To investigate the use of 4D spectroscopic SWIFT [1] for invivo assessment and quantification of IONP bio-distribution, and to compare it with the previously reported longitudinal relaxation time constant (T₁) assessment in mice.

Iron oxide nanoparticles (IONPs) are receiving increased attention for their potential application in theranostics (act as both diagnostic and therapeutic agents) [2]. A noninvasive and quantitative imaging techniques for the assessment of IONP bio-distribution invivo is crucial for effective and safe treatment. To expand the detectable range to clinically relevant levels, which falls into the gap between conventional MRI and CT [3], we have suggested a positive-contrast based technique using SWIFT Look-Locker T₁ mapping method [3-5]. However, cell internalization of IONPs will usually influence the relaxivity r₁. It has been reported the influence on r₂ and susceptibility is much less significant [6]. Therefore, for more accurate assessment and quantification, in supplement to the previous reported T₁ technique, a 4D spectroscopic SWIFT technique [1] was applied to characterize IONPs in mice invivo up to high concentration.

Spectroscopic SWIFT is based on the concept of adding a pseudo gradient to x, y, z gradients, to create an intrinsic spectroscopic frequency distribution [7]. Ideally, to reconstruct a 4D image, we must collect a set of projections with orientations isotropically distributed on a “4D sphere”. We achieved this by using a set of shrinking spatial spheres accordingly with decreased acquisition bandwidth (Fig.1). The 4D dataset was then reconstructed using the gridding method [9] after correlation step for SWIFT sequence.

Invivo studies were done on 3 nude mice. The superparamagnetic IONPs (EMG-308, Ferrotec, USA) coated with mesoporous silica and polyethylene glycol at concentrations of 0.16, 0.17, 0.18 mg Fe/(g of body weight) were delivered by intravenous (IV) injection. (1 mg Fe/ml = 17.8 mM Fe). Normal MB-SWIFT [8] images and 4D spectroscopic SWIFT images were acquired 1 week after IV injection on a 9.4 T animal MRI scanner (Agilent Technologies, USA) using a volume coil.
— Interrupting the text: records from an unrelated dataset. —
-- ===== src/Cases/Recurrence.antt =====
-- api/store.py: an event that `lookup_or_create` resolves again, after other events were resolved.
use asoe.Prelude.{
  String, Bool, true, false, ◌≡◌, ◌≢◌, ◌⊎◌, refl, ◌∙◌, Option, none, some, List, [], ◌∷◌, inl, inr,
  arith, any_of, Option-cases, eq_iff,
}
use asoe.Prelude.Assoc.{put_key, get_key-put_key}
use asoe.Prelude.Dict.{lookup, lookup-insert}
use asoe.Cases.{
  KeyType, CorrelationKey, same_key, CaseStore, OrderCase, Intake, priority, given, case_at,
  first_of, first_match, find_by_correlation, register, register_correlations, new_case, log_intake,
  open_case, attach, open_or_attach, lookup_or_create,
}
use asoe.Cases.Sound.{IsSound, find_by_correlation-linked}
use asoe.Cases.Correlate.{same_key_iff, has_key, first_match-register}

abbrev add_key : String → KeyType → Option String → List CorrelationKey → List CorrelationKey
add_key tenant t none ks = ks
add_key tenant t (some v) ks = record { tenant_id = tenant; key_type = t; key_value = v } ∷ ks

-- the keys under which an event is looked up and registered
abbrev keys_of : String → List (KeyType × Option String) → List CorrelationKey
keys_of tenant [] = []
keys_of tenant ((t, v) ∷ ks) = add_key tenant t (given v) (keys_of tenant ks)

abbrev is_among : List CorrelationKey → CorrelationKey → Bool
is_among ks k = any_of (same_key k) ks

-- whether two events share a key
abbrev pub share_key : Intake → Intake → Bool
share_key i j =
    any_of (is_among (keys_of i.tenant_id (priority i.keys)))
      (keys_of j.tenant_id (priority j.keys))

first_match-put_key :
    (tenant id : String) (k : CorrelationKey) (ks : List (KeyType × Option String))
    (d : List (CorrelationKey × String))
    → is_among (keys_of tenant ks) k ≡ false
    → first_match tenant ks (put_key same_key k id d) ≡ first_match tenant ks d
unfolding first_match
first_match-put_key tenant id k [] d h = refl
first_match-put_key tenant id k ((t, v) ∷ ks) d h =
    one (given v) h (first_match-put_key tenant id k ks d)
  where
    one :
        (w : Option String)
        → is_among (add_key tenant t w (keys_of tenant ks)) k ≡ false
        → (is_among (keys_of tenant ks) k ≡ false
            → first_match tenant ks (put_key same_key k id d) ≡ first_match tenant ks d)
        → first_of
            (case_at tenant t w (put_key same_key k id d))
            (first_match tenant ks (put_key same_key k id d))
          ≡ first_of (case_at tenant t w d) (first_match tenant ks d)
    one none g ih = ih g
    one (some w) g ih =
        let key : CorrelationKey = record { tenant_id = tenant; key_type = t; key_value = w } in
        ground (arith, g, ih, get_key-put_key same_key same_key_iff k key id d)

first_match-register_correlations :
    (tenant other id : String) (ks js : List (KeyType × Option String))
    (d : List (CorrelationKey × String))
    → any_of (is_among (keys_of tenant ks)) (keys_of other js) ≡ false
    → first_match tenant ks (register_correlations other id js d) ≡ first_match tenant ks d
unfolding register_correlations
first_match-register_correlations tenant other id ks [] d h = refl
first_match-register_correlations tenant other id ks ((t, v) ∷ js) d h =
    one (given v) h (λ d'. first_match-register_correlations tenant other id ks js d')
  where
    one :
        (w : Option String)
        → any_of (is_among (keys_of tenant ks)) (add_key other t w (keys_of other js)) ≡ false
        → ((d' : List (CorrelationKey × String))
            → any_of (is_among (keys_of tenant ks)) (keys_of other js) ≡ false
            → first_match tenant ks (register_correlations other id js d')
              ≡ first_match tenant ks d')
        → first_match tenant ks (register_correlations other id js (register other id t w d))
          ≡ first_match tenant ks d
    one none g ih = ih d g
    one (some w) g ih =
        let key : CorrelationKey = record { tenant_id = other; key_type = t; key_value = w } in
        ih _ (ground (arith, g)) ∙ first_match-put_key tenant id key ks d (ground (arith, g))

-- registering more keys under the case that is found does not change that it is found
first_match-put_key_same :
    (tenant id : String) (k : CorrelationKey) (ks : List (KeyType × Option String))
    (d : List (CorrelationKey × String))
    → first_match tenant ks d ≡ some id
    → first_match tenant ks (put_key same_key k id d) ≡ some id
unfolding first_match
first_match-put_key_same tenant id k [] d h = h
first_match-put_key_same tenant id k ((t, v) ∷ ks) d h =
    one (given v) h (first_match-put_key_same tenant id k ks d)
  where
    one :
        (w : Option String)
        → first_of (case_at tenant t w d) (first_match tenant ks d) ≡ some id
        → (first_match tenant ks d ≡ some id
            → first_match tenant ks (put_key same_key k id d) ≡ some id)
        → first_of
            (case_at tenant t w (put_key same_key k id d))
            (first_match tenant ks (put_key same_key k id d))
          ≡ some id
    one none g ih = ih g
    one (some w) g ih =
        let key : CorrelationKey = record { tenant_id = tenant; key_type = t; key_value = w } in
        ground (arith, g, ih, get_key-put_key same_key same_key_iff k key id d)

first_match-register_same :
    (tenant other id : String) (ks js : List (KeyType × Option String))
    (d : List (CorrelationKey × String))
    → first_match tenant ks d ≡ some id
    → first_match tenant ks (register_correlations other id js d) ≡ some id
unfolding register_correlations
first_match-register_same tenant other id ks [] d h = h
first_match-register_same tenant other id ks ((t, v) ∷ js) d h =
    first_match-register_same tenant other id ks js _ (one (given v))
  where
    one : (w : Option String) → first_match tenant ks (register other id t w d) ≡ some id
    one none = h
    one (some w) = first_match-put_key_same tenant id _ ks d h

-- an event's keys lead to the case, which is in the store
record IsFiled (i : Intake) (c : OrderCase) (s : CaseStore) : Type 0 where
  matched : first_match i.tenant_id (priority i.keys) s.correlation ≡ some c.case_id
  stored : lookup c.case_id s.cases ≡ some c

log_intake-IsFiled :
    (i j : Intake) (c : OrderCase) (id : String) (sg : Option String) (s : CaseStore)
    → IsFiled i c s
    → IsFiled i c (log_intake id j sg s)
unfolding log_intake
log_intake-IsFiled i j c id none s h = h
log_intake-IsFiled i j c id (some sg) s h = record { matched = h.matched; stored = h.stored }

IsFiled-find :
    (i : Intake) (c : OrderCase) (s : CaseStore)
    → IsFiled i c s
    → find_by_correlation i.tenant_id i.keys s ≡ some c
unfolding find_by_correlation
IsFiled-find i c s h = rw (h.matched) h.stored

lookup_or_create-IsFiled :
    (id now : String) (i : Intake) (s : CaseStore)
    → IsSound s
    → has_key i.keys ≡ true
    → let ((c, fresh), s') = lookup_or_create id now i s in IsFiled i c s'
unfolding lookup_or_create open_or_attach open_case attach
lookup_or_create-IsFiled id now i s sound h =
    elim (Option-cases (find_by_correlation i.tenant_id i.keys s)) [
      | inl missing ↦ rw missing (
          log_intake-IsFiled i i (new_case id now i) id i.supergroup_code _ (record {
            matched = first_match-register i.tenant_id id (priority i.keys) s.correlation h;
            stored =
                rw (lookup-insert id id (new_case id now i) s.cases, (eq_iff id id).1 refl) refl;
          }))
      | inr (c, found) ↦ rw found (record {
        matched = first_match-register i.tenant_id c.case_id (priority i.keys) s.correlation h;
        stored = (find_by_correlation-linked s i c sound found).0;
      })
    ]

-- The event `j` is resolved to the case `c` too, or it shares no key with `i` and, should it open a
-- case, opens it under another id than that of `c`.
abbrev pub SparesCase : Intake → OrderCase → String → Intake → CaseStore → Type 0
SparesCase i c id j s =
    (find_by_correlation j.tenant_id j.keys s ≡ some c)
    ⊎ ((share_key i j ≡ false) × (id ≢ c.case_id))

lookup_or_create-spares :
    (i : Intake) (c : OrderCase) (id now : String) (j : Intake) (s : CaseStore)
    → SparesCase i c id j s
    → IsFiled i c s
    → IsFiled i c (lookup_or_create id now j s).1
unfolding lookup_or_create open_or_attach open_case attach
lookup_or_create-spares i c id now j s (inl same) h = rw same (record {
  matched =
      first_match-register_same i.tenant_id j.tenant_id c.case_id (priority i.keys)
        (priority j.keys) s.correlation h.matched;
  stored = h.stored;
})
lookup_or_create-spares i c id now j s (inr (apart, other)) h =
    elim (Option-cases (find_by_correlation j.tenant_id j.keys s)) [
      | inl missing ↦ rw missing (
          log_intake-IsFiled i j c id j.supergroup_code _ (record {
            matched =
                first_match-register_correlations i.tenant_id j.tenant_id id (priority i.keys)
                  (priority j.keys) s.correlation apart
                ∙ h.matched;
            stored = ground (
              arith,
              h.stored,
              lookup-insert id c.case_id (new_case id now j) s.cases,
              eq_iff id c.case_id,
            );
          }))
      | inr (d, found) ↦ rw found (record {
        matched =
            first_match-register_correlations i.tenant_id j.tenant_id d.case_id (priority i.keys)
              (priority j.keys) s.correlation apart
            ∙ h.matched;
        stored = h.stored;
      })
    ]

-- the events resolved one after the other, each with the id and the time drawn for it
unfoldable pub resolve_all : List (String × String × Intake) → CaseStore → CaseStore
resolve_all [] s = s
resolve_all ((id, now, j) ∷ js) s = resolve_all js (lookup_or_create id now j s).1

-- each of the events spares the case, in the store that it meets
unfoldable pub AllSpare : Intake → OrderCase → List (String × String × Intake) → CaseStore → Type 0
AllSpare i c [] s = Unit
AllSpare i c ((id, now, j) ∷ js) s =
    SparesCase i c id j s × AllSpare i c js (lookup_or_create id now j s).1

resolve_all-IsFiled :
    (i : Intake) (c : OrderCase) (js : List (String × String × Intake)) (s : CaseStore)
    → AllSpare i c js s
    → IsFiled i c s
    → IsFiled i c (resolve_all js s)
unfolding resolve_all AllSpare
resolve_all-IsFiled i c [] s a h = h
resolve_all-IsFiled i c ((id, now, j) ∷ js) s a h =
    resolve_all-IsFiled i c js (lookup_or_create id now j s).1 a.1
      (lookup_or_create-spares i c id now j s a.0 h)

-- In a sound store, an event that carries a key and comes again, after any other events were resolved, is
-- attached to the case that it was resolved to first, and opens no second one; given that each of the
-- events in between was resolved to that case too, or shared no key with it and drew another id than the
-- case's. (An event that carries keys of two cases can move a key from one to the other.)
pub lookup_or_create_again :
    (id now id' now' : String) (i : Intake) (js : List (String × String × Intake)) (s : CaseStore)
    → IsSound s
    → has_key i.keys ≡ true
    → let ((c, fresh), s') = lookup_or_create id now i s in
      AllSpare i c js s' → (lookup_or_create id' now' i (resolve_all js s')).0 ≡ (c, false)
unfolding open_or_attach
lookup_or_create_again id now id' now' i js s sound h spared =
    let ((c, fresh), s') = lookup_or_create id now i s in
    let found =
      IsFiled-find i c (resolve_all js s')
        (resolve_all-IsFiled i c js s' spared (lookup_or_create-IsFiled id now i s sound h)) in
    unfold lookup_or_create in (rw found refl)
MB-SWIFT: BW=384 kHz. Spectroscopic SWIFT: BW_max=125 kHz, bandwidth in frequency dimension Ω =15 kHz, total number of projections = 41792, acquisition time = 12 minutes. GRE images were also acquired with BW=150 kHz, TR=4.2 ms, TE=2.1 ms. The spectrum of each voxel was fitted to Lorentzian function to get T₂*. [Fe] in organs were measured by ICP-MS.

Images of post-injection mouse from the same slice, but at different frequencies are shown in Fig. 2, along with GRE and MB-SWIFT images. After injection, most IONPs deposited in liver, spleen, and kidney. These organs appeared as a void in GRE images due to the ultra-short T₂* caused by IONPs at high concentration, while there are still plenty of signal in MB-SWIFT images. The presence of IONPs changes the water resonance frequencies of surrounding tissues. These were observed in spectroscopic SWIFT images at different frequencies (orange arrows fig.2) and in the spectrum over marked profile (red arrows fig.2). The B0 and susceptibility information can be further extracted. The image at fat frequency illustrated the peri-renal fat clearly (yellow arrows Fig. 2).

The spectroscopic images of a mouse body before and after IONPs-injection showed in left column of Fig.3. The spectroscopic information of liver, spleen and kidney, and the fitted T₂* down to 20 microseconds were obtained (right part of Fig.3). Apparent line broadening effect was observed in the post-injection case for all three organs. In spleen, a binary distribution giving two very different T₂* values was observed (Fig.3f), which was verified by histology showing majority of IONPs packed in red pulp rather than white pulp (Fig.4a and 4b). This can also be seen at MB-SWIFT images (Fig.4c). The acquired T₂* map is shown in Fig.4d. Notice the fitted T₂* values in spleen regions (white arrow heads) reflect the averaged values from both red and white pulps. A bi-component fitting could be used to fit components separately. Due to the limited resolution in the frequency dimension (Δf = 230 Hz), tissues with T₂* higher than 1.5 ms cannot be accurately estimated. Compressed sensing will be used to increase frequency resolution while keep acquisition time in a reasonable range in future.

A 4D spectroscopic SWIFT technique was applied to characterize the bio-distribution of IONPs in vivo in mouse. Resonance frequency shift from susceptibility difference and T₂* shortening effect (down to 20 microseconds) caused by IONPs was observed in liver, spleen and kidney. The acquired T₂* map provides quantitative bio-distribution information of IONPs making the 4D spectroscopic SWIFT a promising tool in nanoparticle-based theranostics.